I was not able to find a similar question when searching, but if I've missed one please feel free to point me to it. Unfortunately the closest example in the textbook was not terribly helpful either.
I am working on a problem that asks me to make use of the binomial model for discrete time option valuation with the objective of finding the probability that a call option finishes "in the money," which is to say $S - K > 0$ where $S$ is the security value and $K$ is the strike price of the option. The problem doesn't say anything else, so I believe I want a general probability in terms of $p$ and $q$.
We have primarily used the binomial model to determine the value of securities and options up to this point, so I'm not sure exactly where to start to find the probability.
The formulation we have used was of this form:
$V_0 = (1 + i)^{-N}E(F(S_n))$
$ = (1 + i)^{-N} \sum_{j=0}^N {N \choose j} \times (S_0 \times u^j \times d^{N-j}) \times p^j \times q^{N-j}$
Where $u$ and $d$ are the factors by which a security increases or decreases in value each period.

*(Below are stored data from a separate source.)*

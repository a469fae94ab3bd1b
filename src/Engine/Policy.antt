-- ===== src/Engine/Policy.antt =====
-- engine/agent.go and engine/reliability.go: calling a model, and calling it under the retry and
-- circuit policies of a Task. The callbacks of a streamed call are one handler of deltas; they run
-- after the stream is drained, in the order of the deltas.
pub mod Attempts
pub mod Outcome
use tracklogic_agent.Common.{
  ℕ, zero, suc, ◌+◌, ◌/◌, Bool, true, false, ◌&&◌, ◌||◌, not, codes, List, [], ◌∷◌, Option, none,
  some, is_some, if◌then◌else◌, ◌==◌, ℤ, pos, negsuc,
}
use tracklogic_agent.Types.{GoError, plain, new_error, api_error, Result, ok, err}
use tracklogic_agent.Model.{InvokeRequest, InvokeResponse}
use tracklogic_agent.Task.Protocol.{
  empty_payload, event, best_effort, model_attempt_started, content_reset, model_retry_waiting,
}
use tracklogic_agent.Engine.Stream.{Stream, Delta, consume_stream}
use tracklogic_agent.Engine.Circuit.{
  CircuitOutcome, neutral, success, failure, Ticket, allow, finish,
}
use tracklogic_agent.Engine.Retry.{is_retryable_model_error, retry_delay}
use tracklogic_agent.Engine.Runtime.{Runtime}

abbrev pub some_ok : {A : Type 0} → Result A → Result (Option A)
some_ok (ok a) = ok (some a)
some_ok (err e) = err e

abbrev pub milliseconds : ℤ → ℤ
milliseconds (pos n) = pos (n / 1000000)
milliseconds (negsuc n) = elim ((n + 1) / 1000000) [ zero ↦ pos 0 | suc k ↦ negsuc k ]

abbrev has_deltas : List Delta → Bool
has_deltas [] = false
has_deltas (d ∷ ds) = true

-- The handler of a streamed call; `none` when there is no callback, and the call is not streamed.
abbrev pub Handler : Type 0 → Type 0
Handler W = Option (Delta → W → W)

pub deliver : {W : Type 0} → (Delta → W → W) → List Delta → W → W
deliver handle [] w = w
deliver handle (d ∷ ds) w = deliver handle ds (handle d w)

module _ {W : Type 0} (rt : Runtime W) where
  -- What follows InvokeStream: draining the channel. The Boolean says whether a callback has run.
  drain_stream :
      (Delta → W → W) → Result (Option Stream) × W → Result (Option InvokeResponse) × Bool × W
  unfolding deliver
  drain_stream handle (err e, w) = (err e, false, w)
  drain_stream handle (ok none, w) =
      (err (new_error api_error (codes "model returned a nil stream")), false, w)
  drain_stream handle (ok (some s), w) =
      let (result, ds) = consume_stream s in (some_ok result, has_deltas ds, deliver handle ds w)

  -- invokeModel; that the model is present has been checked by validateRunConfig.
  unfoldable pub invoke_model :
      Handler W → InvokeRequest → W → Result (Option InvokeResponse) × Bool × W
  unfolding drain_stream
  invoke_model none request w = let (result, w') = rt.invoke request w in (result, false, w')
  invoke_model (some handle) request w = drain_stream handle (rt.invoke_stream request w)

  abbrev started : ℕ → W → W
  started attempt w =
      (rt.emit
        (event model_attempt_started best_effort
          (record empty_payload { attempt = attempt; max_attempts = rt.retry_policy.max_attempts }))
        w).1

  abbrev reset : Bool → W → W
  reset false w = w
  reset true w = (rt.emit (event content_reset best_effort empty_payload) w).1

  -- The event that announces the delay, and the wait. A panic in place of the delay ends the call; here
  -- it is an error of the wait.
  abbrev pub wait_for : ℕ → Option ℤ → W → Option GoError × W
  wait_for attempt none w = (some (plain (codes "panic: invalid argument to Int64N")), w)
  wait_for attempt (some delay) w =
      rt.sleep delay
        (rt.emit
          (event model_retry_waiting best_effort (record empty_payload {
            attempt = attempt;
            max_attempts = rt.retry_policy.max_attempts;
            next_attempt = attempt + 1;
            delay_ms = milliseconds delay;
          }))
          w).1

  -- The delay before the next attempt, and the wait.
  unfoldable pub wait_retry : ℕ → GoError → Bool → W → Option GoError × W
  wait_retry attempt e streamed w =
      let w1 = reset streamed w in
      wait_for attempt
        (retry_delay rt.parse_time (rt.now w1) (rt.random w1) rt.retry_policy attempt e) w1

  abbrev Attempted : Type 0
  Attempted = Result (Option InvokeResponse) × CircuitOutcome × W

  unfoldable pub must_stop : ℕ → GoError → W → Bool
  must_stop attempt e w =
      is_some (rt.ctx_err w)
      || not (is_retryable_model_error e)
      || attempt == rt.retry_policy.max_attempts

  unfoldable pub stop_outcome : GoError → W → CircuitOutcome
  stop_outcome e w =
      if is_retryable_model_error e && not (is_some (rt.ctx_err w)) then failure else neutral

  -- After the wait: ctx.Done ends the call, the timer leads to the next attempt.
  abbrev after_wait : (W → Attempted) → Option GoError × W → Attempted
  after_wait more (some e, w) = (err e, neutral, w)
  after_wait more (none, w) = more w

  -- The body of the loop after the model call; `more` is the next round.
  unfoldable pub after_call :
      ℕ → (W → Attempted) → Result (Option InvokeResponse) × Bool × W → Attempted
  unfolding must_stop stop_outcome
  after_call attempt more (ok response, streamed, w) = (ok response, success, w)
  after_call attempt more (err e, streamed, w) = elim (must_stop attempt e w) [
    | true ↦ (err e, stop_outcome e w, w)
    | false ↦ after_wait more (wait_retry attempt e streamed w)
  ]

  -- The loop over the attempts, for the rounds that are left.
  unfoldable pub attempts : Handler W → InvokeRequest → ℕ → ℕ → W → Attempted
  unfolding after_call
  attempts handler request zero attempt w =
      (err (new_error api_error (codes "model retry budget exhausted")), failure, w)
  attempts handler request (suc rounds) attempt w =
      after_call attempt (λ w'. attempts handler request rounds (attempt + 1) w')
        (invoke_model handler request (started attempt w))

  -- manager.allow: without a manager nothing is refused, and the ticket is of no use.
  unfoldable pub allow_call : W → Result (Option Ticket) × W
  allow_call w =
      if rt.managed
      then (let (result, m) = allow rt.model_key rt.circuit_policy (rt.now w) (rt.circuits w) in
          (some_ok result, rt.set_circuits m w))
      else (ok none, w)

  unfoldable pub finish_call : Option Ticket → CircuitOutcome → W → W
  finish_call none outcome w = w
  finish_call (some t) outcome w =
      rt.set_circuits (finish rt.circuit_policy (rt.now w) outcome t (rt.circuits w)).1 w

  abbrev finished : Option Ticket → Attempted → Result (Option InvokeResponse) × W
  finished ticket (result, outcome, w) = (result, finish_call ticket outcome w)

  abbrev after_allow :
      (W → Attempted) → Result (Option Ticket) × W → Result (Option InvokeResponse) × W
  after_allow run (err e, w) = (err e, w)
  after_allow run (ok ticket, w) = finished ticket (run w)

  -- invokeModelWithTaskPolicy
  unfoldable pub invoke_with_policy :
      Handler W → InvokeRequest → W → Result (Option InvokeResponse) × W
  unfolding attempts allow_call finish_call
  invoke_with_policy handler request w =
      after_allow (λ w'. attempts handler request rt.retry_policy.max_attempts 1 w') (allow_call w)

I started by taking this model and replacing $F(S_n)$ with $F(S_n - K)$. But thinking about it that seems to only get me the expected value. If I just focus on the probability component, which is just binomial we have $p^j * q^{N-j}$ for any given event, but with knowing the other parameters I dont know how I am supposed to find out when the option is in the money or not (for example, this would depend on the values of $u$ and $d$).
Any and all help would be much appreciated!